Gordon Hill Jenkins (born 12 May 1910-1 May 1984) was an American arranger who was an influential figure in popular music in the 1940s and 1950s, renowned for his lush string arrangements. Jenkins worked with the Andrews Sisters, Frank Sinatra, Louis Armstrong, Judy Garland, and Nat King Cole, among other singers.

Jenkins was born in Webster Groves, Missouri. He started his career doing arrangements for a St Louis radio station. He was then hired by Isham Jones, the director of a dance band known for its ensemble playing and it gave Jenkins the opportunity to develop his skills in melodic scoring. He also conducted "The Show Is On" on Broadway. After the Jones band broke up in 1936, Jenkins worked as a freelance arranger and songwriter, contributing to sessions by Isham Jones, Paul Whiteman, Benny Goodman, Andre Kostelanetz, Lennie Hayton, and others.
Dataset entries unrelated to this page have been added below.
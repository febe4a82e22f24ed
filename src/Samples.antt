-- ===== src/Samples.antt =====
-- Concrete inputs for the theorems of the other modules, and tests of the definitions.
mod Detection
mod Outbound
pub mod Ledger
pub mod Packages
mod Evaluation
pub mod Complaints
mod Jobs
mod Calendar
mod Harness
mod Reports
use vigia.Prelude.{ℕ, ◌*◌, ◌+◌, String, Option, some, none, [], ◌∷◌, ◌≢◌, arith, eq_iff}
use vigia.Time.{Time, Location, Zones, utc, utc_time, day_ns, hour_ns}
use vigia.Time.Civil.{date}
use vigia.Detection.{Interaction, Window}

abbrev pub zone : String
zone = "America/Mexico_City"

abbrev pub all_utc : Zones
all_utc name = some utc

-- 1 March 2024, 10:00 UTC, in nanoseconds since year 1
abbrev pub morning_ns : ℕ
morning_ns = 738945 * day_ns + 10 * hour_ns

abbrev pub morning : Time
morning = utc_time morning_ns

abbrev pub working_hours : Window
working_hours = record { start_hour = 8; end_hour = 21 }

abbrev pub call : Interaction
call = record {
  occurred_at = morning;
  debtor_timezone = zone;
  channel = "sms";
  contact_party_relationship = "debtor";
  contacted_party_dob = none;
  authorized_channels = "sms" ∷ [];
  payment_recipient = "creditor";
  disclosure_provided = none;
}

pub zone_named : zone ≢ ""
zone_named = ground (arith, eq_iff zone "")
In 1938, Jenkins moved to Hollywood and worked for Paramount Pictures and NBC, and then became Dick Haymes's arranger for four years. In 1944, Jenkins had a hit song with "San Fernando Valley".

In 1945, Jenkins joined Decca Records. In 1947, he had a million-seller with "Maybe You'll Be There" and in 1949 had a huge hit with Victor Young's film theme "My Foolish Heart", which was also a success for Billy Eckstine. At the same time he regularly arranged for and conducted the orchestra for various Decca artists, including Dick Haymes ("Little White Lies", 1947) and Patty Andrews of the Andrews Sisters ("I Can Dream, Can't I", 1949).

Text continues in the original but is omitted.